On the economic front, the focus will be on the minutes of the Monetary Policy Committee's latest meeting, when interest rates were increased by a quarter point to 4.75 per cent.

They will outline what was discussed during the meeting and could well give an indication of if or when another rise will occur. Most believe it will not be next month - a theory backed last week by the Bank of England's Inflation Report, which implied that the MPC believes its work in getting rates back to normal is drawing to a close.

Also out this week are the latest house price survey from the Royal Institute of Chartered Surveyors and official retail sales data. No one is expecting these announcements to change that view on interest rates.

Philip Shaw, an economist at Investec bank, says: "Overall, the brief period of monetary policy aggression, when rates were raised three times in four meetings, seems to have given way to a return to more measured increases in interest rates.

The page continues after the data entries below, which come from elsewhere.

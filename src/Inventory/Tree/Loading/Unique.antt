-- ===== src/Inventory/Tree/Loading/Unique.antt =====
-- No two hosts of an inventory have a name in common, and each host stands at one place in the tree.
use color_ssh.Base.{
  ℕ, suc, ◌+◌, ltb, ◌==◌, Text, text_eq, text_eq_iff, Result, ok, err, Option, none, some, List, [],
  ◌∷◌, ◌++◌, if◌then◌else◌, length, ◌≡◌, refl, inl, inr, arith, Bool-cases, Option-cases,
}
use color_ssh.Inventory.Model.{InventoryHost, folder}
use color_ssh.Inventory.Tree.Folders.{Folder, Folders, folder, no_folder, child, push_index}
use color_ssh.Inventory.Tree.Loading.{
  LoadError, Loaded, Load, lookup, continued, and_then, done, add_host,
}

-- How often an index stands in a list, and in a folder with its children.
unfoldable pub occurrences : ℕ → List ℕ → ℕ
occurrences i [] = 0
occurrences i (j ∷ js) = (if j == i then 1 else 0) + occurrences i js

unfoldable mutual
  unfolding occurrences

  pub places : ℕ → Folder → ℕ
  places i (folder name path children host_indices) =
      occurrences i host_indices + places_below i children

  pub places_below : ℕ → Folders → ℕ
  places_below i no_folder = 0
  places_below i (child f rest) = places i f + places_below i rest

occurrences-append :
    (i j : ℕ) (js : List ℕ)
    → occurrences i (js ++ j ∷ []) ≡ occurrences i js + (if j == i then 1 else 0)
unfolding occurrences
occurrences-append i j [] = ground arith
occurrences-append i j (k ∷ js) = ground (arith, occurrences-append i j js)

places-push_index :
    (i j : ℕ) (f : Folder) → places i (push_index j f) ≡ places i f + (if j == i then 1 else 0)
unfolding places
places-push_index i j (folder name path children host_indices) =
    ground (arith, occurrences-append i j host_indices)

length-append :
    (hosts : List InventoryHost) (added : InventoryHost)
    → length (hosts ++ added ∷ []) ≡ suc (length hosts)
length-append [] added = refl
length-append (h ∷ hosts) added = ground (arith, length-append hosts added)

-- How many hosts have a name.
unfoldable pub named : Text → List InventoryHost → ℕ
named name [] = 0
named name (h ∷ hosts) = (if text_eq h.name name then 1 else 0) + named name hosts

named-append :
    (name : Text) (hosts : List InventoryHost) (added : InventoryHost)
    → named name (hosts ++ added ∷ [])
      ≡ named name hosts + (if text_eq added.name name then 1 else 0)
unfolding named
named-append name [] added = ground arith
named-append name (h ∷ hosts) added = ground (arith, named-append name hosts added)

abbrev pub present : Option Text → ℕ
present none = 0
present (some path) = 1

-- The names that are seen are the names of the hosts, each of one host.
pub record IsUnique (s : Loaded) : Type 0 where
  pub once : (name : Text) → named name s.hosts ≡ present (lookup name s.seen_host_names)

abbrev pub below : ℕ → Loaded → ℕ
below i s = if ltb i (length s.hosts) then 1 else 0

-- A change keeps names unique, and puts each host that it adds at one place.
unfoldable pub IsKept :
    {A : Type 0} → (ℕ → A → ℕ) → A → Loaded → Result LoadError (A × Loaded) → Type 0
IsKept count a s (ok (b, t)) =
    ((i : ℕ) → count i b + below i s ≡ count i a + below i t) × (IsUnique s → IsUnique t)
IsKept count a s (err e) = Unit

pub record Keeps (step : Load) : Type 0 where
  pub kept : (f : Folder) (s : Loaded) → IsKept places f s (step f s)

pub done-Keeps : Keeps done
unfolding IsKept
done-Keeps = record { kept = λ f s. ((λ i. refl), λ u. u) }

composed-IsKept :
    (f g : Folder) (s t : Loaded) (r : Result LoadError (Folder × Loaded))
    → IsKept places f s (ok (g, t))
    → IsKept places g t r
    → IsKept places f s r
unfolding IsKept
composed-IsKept f g s t (err e) h k = tt
composed-IsKept f g s t (ok (j, u)) h k =
    ((λ i. ground (arith, h.0 i, k.0 i)), λ unique. k.1 (h.1 unique))

continued-IsKept :
    (second : Load)
    → Keeps second
    → (f : Folder) (s : Loaded) (r : Result LoadError (Folder × Loaded)) → IsKept places f s r
    → IsKept places f s (continued second r)
unfolding IsKept
continued-IsKept second q f s (err e) h = tt
continued-IsKept second q f s (ok (g, t)) h = composed-IsKept f g s t (second g t) h (q.kept g t)

pub and_then-Keeps :
    (first second : Load) → Keeps first → Keeps second → Keeps (and_then first second)
and_then-Keeps first second p q = record {
  kept = λ f s. continued-IsKept second q f s (first f s) (p.kept f s);
}

add_host-IsUnique :
    (added : InventoryHost) (s t : Loaded)
    → lookup added.name s.seen_host_names ≡ none
    → t.hosts ≡ s.hosts ++ added ∷ []
    → t.seen_host_names ≡ (added.name, added.source_file) ∷ s.seen_host_names
    → IsUnique s
    → IsUnique t
unfolding lookup
add_host-IsUnique added s t n hosts seen u = record {
  once = λ name. elim (Bool-cases (text_eq added.name name)) [
    | inl e ↦ ground (
      arith,
      e,
      n,
      hosts,
      seen,
      named-append name s.hosts added,
      u.once name,
      (text_eq_iff added.name name).0 e,
    )
    | inr e ↦ ground (arith, e, hosts, seen, named-append name s.hosts added, u.once name)
  ];
}

pub add_host-Keeps :
    (added : InventoryHost) (source_file : Text) → Keeps (add_host added source_file)
unfolding add_host IsKept
add_host-Keeps added source_file = record {
  kept = λ f s. elim (Option-cases (lookup added.name s.seen_host_names)) [
    | inr (p, n) ↦ rw (n, IsKept, add_host) tt
    | inl n ↦
        rw (n, IsKept, add_host)
          (
            (λ i.
                ground
                  (arith, places-push_index i (length s.hosts) f, length-append s.hosts added)),
            add_host-IsUnique added s _ n refl refl,
          )
  ];
}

"This suggests to us that rates will not rise again until November and that a final move to 5.25 per cent early next year will be sufficient to rein in the exuberant UK consumer."

CALENDAR

Tomorrow 16

UK: Results: (interim) Lookers, Michael Page International, Systems Union Group.

Denmark: Results: (final) Bang & Olufsen.

Tuesday 17

UK: Results: (I) Angle, Berkeley Morgan; (second quarter) Turbo Genset.

Switzerland: Results: (I) Nestlé.

Wednesday 18

UK: Results: (I) BPP Holdings, Financial Objects, IQE.

US: Results: (Q2) Borders Group, Saks; (Q4) Estée Lauder.

Thursday 19

UK: Results: (I) Aricom, Edinburgh Oil & Gas.

US: Results: (Q2) Barnes & Noble, Foot Locker, The Gap.

Friday 20

UK: Results: (I) Quarto, T Clarke, WPP.